Managing cluster nodes

Last modified 22 Apr 2021 17:31 +02:00
Since 4.1, 4.0.2
This functionality is available since version 4.1, 4.0.2.

MidPoint can run in clustered mode with two or more nodes. Here we describe the most important parameters influencing how nodes are named and managed.

Node identification (naming)

Each node in cluster must have a unique node identifier (name).

nodeId vs. nodeIdSource

There are two properties that can be used to set the node identifier:

Property Meaning Placement Alternative specification Examples

nodeId

A constant value or an expression that yields the node name

<midpoint> section in config.xml

-Dmidpoint.nodeId command line parameter

NodeA, ${env:NodeID}

nodeIdSource

Mechanism that is used to derive node Id (obsolete)

<midpoint> section in config.xml

-Dmidpoint.nodeIdSource command line parameter

hostname, random, sequence

The nodeIdSource was originally meant as a way to assign node identifiers without the need to specify them as constants. However, after nodeId started supporting expressions, nodeIdSource is now simply translated into nodeId.
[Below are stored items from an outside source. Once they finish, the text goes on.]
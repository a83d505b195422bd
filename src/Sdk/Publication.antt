-- ===== src/Sdk/Publication.antt =====
-- packages/gg-sdk/gg/sdk/publication.py
use gg_agent_server.Prelude.{ℕ, String, Bool, Option}
use gg_agent_server.Sdk.Execution.{AgentOutcome, CheckOutcome}

pub data PublicationState : Type 0 where
  pending pushed creating published skipped failed : PublicationState

pub record PublicationRecord : Type 0 where
  pub task_id : String
  pub repository : String
  pub task_branch : String
  pub base_ref : String
  pub task_marker : String
  pub state : PublicationState
  pub commit_sha : Option String
  pub check_outcome : CheckOutcome
  pub agent_outcome : AgentOutcome
  pub pr_number : Option ℕ
  pub pr_url : Option String
  pub pr_draft : Option Bool
  pub pr_author : Option String
  pub pr_state : Option String
  pub detail : Option String
  pub created_at : ℕ
  pub updated_at : ℕ
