-- ===== src/Ledger/Rows.antt =====
-- The tables of the ledger (backend/gg/runtime/sqlite_migrations.py) and its records. A row that the
-- ledger only copies field by field into a record is that record.
use gg_agent_server.Prelude.{
  ℕ, String, Bool, true, false, Option, none, some, List, ◌==◌, if◌then◌else◌,
}
use gg_agent_server.Sdk.Tasks.{TaskState, TaskRecord}
use gg_agent_server.Sdk.Domain.{MessageReceipt}
use gg_agent_server.Sdk.Execution.{AgentOutcome, TaskResultManifest}
use gg_agent_server.Sdk.Publication.{PublicationState, PublicationRecord}

pub data SandboxProviderState : Type 0 where
  creating running stopped unknown : SandboxProviderState

pub data ReservationPhase : Type 0 where
  starting running finalizing termination_pending unresolved_creation : ReservationPhase

pub record TaskRow : Type 0 where
  pub id : String
  pub seq : ℕ
  pub state : TaskState
  pub idempotency_key : String
  pub owner_id : Option String
  pub repository : String
  pub prompt : String
  pub base_ref : Option String
  pub base_sha : Option String
  pub retry_of : Option String
  pub model : String
  pub created_at : ℕ
  pub updated_at : ℕ
  pub outcome_detail : Option String
  pub check_status : Option String
  pub sandbox_cleanup_status : Option String
  pub payload_expired : Bool
  pub workspace_expired : Bool
  pub workspace_last_activity_at : Option ℕ

pub record ReservationRecord : Type 0 where
  pub task_id : String
  pub phase : ReservationPhase
  pub condition : Option String
  pub reserved_at : ℕ
  pub updated_at : ℕ

pub record SupervisionRecord : Type 0 where
  pub task_id : String
  pub execution_id : String
  pub task_branch : String
  pub start_key : String
  pub conversation_id : Option String
  pub cancel_requested : Bool
  pub tail_gap_possible : Bool
  pub created_at : ℕ
  pub updated_at : ℕ

pub record TaskResultArchive : Type 0 where
  pub task_id : String
  pub execution_id : Option String
  pub manifest : Option TaskResultManifest
  pub evidence_complete : Bool
  pub evidence_detail : Option String
  pub archived_at : Option ℕ

pub record SandboxCreationRecord : Type 0 where
  pub task_id : String
  pub deployment : String
  pub sandbox_name : String
  pub tags_json : String
  pub session_api_key : String
  pub credential_version : Option ℕ
  pub provider_id : Option String
  pub provider_state : SandboxProviderState
  pub detail : Option String
  pub created_at : ℕ
  pub updated_at : ℕ

pub record ReceiptRow : Type 0 where
  pub task_id : String
  pub receipt : MessageReceipt

pub record EventCounter : Type 0 where
  pub task_id : String
  pub value : ℕ

pub record EventIdentity : Type 0 where
  pub task_id : String
  pub source_id : String
  pub source_seq : ℕ
  pub cursor_seq : ℕ

pub record EventCopy : Type 0 where
  pub task_id : String
  pub cursor_seq : ℕ
  pub source_id : String
  pub source_seq : ℕ
  pub event_json : String
  pub created_at : ℕ

pub record SourceCursor : Type 0 where
  pub task_id : String
  pub source_id : String
  pub source_seq : ℕ

-- The members of the JSON text in `remote_effect_json`.
pub record RemoteEffect : Type 0 where
  pub pr_number : Option ℕ
  pub pr_url : Option String
  pub pr_state : Option String
  pub state : PublicationState

pub record RetentionTombstone : Type 0 where
  pub task_id : String
  pub remote_effect : Option RemoteEffect
  pub expires_at : ℕ

pub record IdempotencyRow : Type 0 where
  pub task_id : String
  pub owner_id : Option String
  pub idempotency_key : String
  pub seq : ℕ
  pub terminal_state : TaskState
  pub model : String
  pub created_at : ℕ
  pub updated_at : ℕ

-- `task_seq` is the one row of `ledger_counters`.
pub record Ledger : Type 0 where
  pub task_seq : ℕ
  pub tasks : List TaskRow
  pub reservations : List ReservationRecord
  pub sandbox_creations : List SandboxCreationRecord
  pub supervisions : List SupervisionRecord
  pub publications : List PublicationRecord
  pub receipts : List ReceiptRow
  pub event_counters : List EventCounter
  pub event_identities : List EventIdentity
  pub event_copies : List EventCopy
  pub source_cursors : List SourceCursor
  pub results : List TaskResultArchive
  pub tombstones : List RetentionTombstone
  pub idempotency : List IdempotencyRow

-- `row["repository"] or None`
abbrev pub text_or_none : String → Option String
text_or_none s = if s == "" then none else some s

-- `_row_to_record`; the outcome comes from the join with `task_results`
unfoldable pub row_to_record : TaskRow → Option AgentOutcome → TaskRecord
row_to_record row outcome = record {
  owner_id = row.owner_id;
  id = row.id;
  seq = row.seq;
  state = row.state;
  idempotency_key = row.idempotency_key;
  repository = text_or_none row.repository;
  prompt = row.prompt;
  base_ref = row.base_ref;
  base_sha = row.base_sha;
  retry_of = row.retry_of;
  model = row.model;
  created_at = row.created_at;
  updated_at = row.updated_at;
  agent_outcome = outcome;
  outcome_detail = row.outcome_detail;
  check_status = row.check_status;
  sandbox_cleanup_status = row.sandbox_cleanup_status;
  payload_expired = row.payload_expired;
  workspace_expired = row.workspace_expired;
  workspace_last_activity_at = row.workspace_last_activity_at;
}

-- `_record_from_tombstone`
unfoldable pub record_from_tombstone : IdempotencyRow → TaskRecord
record_from_tombstone row = record {
  owner_id = row.owner_id;
  id = row.task_id;
  seq = row.seq;
  state = row.terminal_state;
  idempotency_key = row.idempotency_key;
  repository = none;
  prompt = "";
  base_ref = none;
  base_sha = none;
  retry_of = none;
  model = row.model;
  created_at = row.created_at;
  updated_at = row.updated_at;
  agent_outcome = none;
  outcome_detail = none;
  check_status = none;
  sandbox_cleanup_status = none;
  payload_expired = true;
  workspace_expired = false;
  workspace_last_activity_at = none;
}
The translation looks like this:

  • if nodeIdSource value contains ':' (e.g. it is random:number:0:9999) then it is copied into nodeId by wrapping in ${…​}. For example: random:number:0:9999 ${random:number:0:9999}

  • if nodeIdSource value does not contain ':' (e.g. it is hostname) then it is copied into nodeId by wrapping in ${…​} with appended colon at the end. For example: hostname` ${hostname:}`

So, let’s deal with the syntax of nodeId only in the following discussion.

Using nodeId property

Since 4.0.2/4.1, midPoint configuration properties support expressions in the form of ${variable} or ${prefix:variable}. The first form evaluates using a configuration option specified by variable. The second one is more general and supports the following prefixes:

Prefix Meaning Example

sys

References given Java system properties.

${sys:user.home}

env

References given operating system environment variables.

${env:ENVIRONMENT}

hostname

References local host name as determined by midPoint. Note that the colon after hostname is obligatory.

${hostname:}

random

Generates random node ID. Full format is ${random:number:lower-limit:upper-limit} but accepts also forms of ${random:}, ${random:number}, and ${random:number:upper-limit}. Default values are lower limit = 0, upper limit = 999999999. Lower and upper limits are inclusive.

${random:}

sequence

Uses first available node ID in a given sequence. Full format is ${sequence:start:end:format} but accepted forms are also ${sequence:}, ${sequence:start}, and ${sequence:start:end}. Default values are: start = 0, end = 100, format = %d.

${sequence:0:99:%02d}

The sequence expression works like this:

  1. A counter starts at the start value, incrementing by 1 up to (and including) the end value.

  2. At each step, node name is determined using the formatting string and other parts of the expression, and is checked for availability.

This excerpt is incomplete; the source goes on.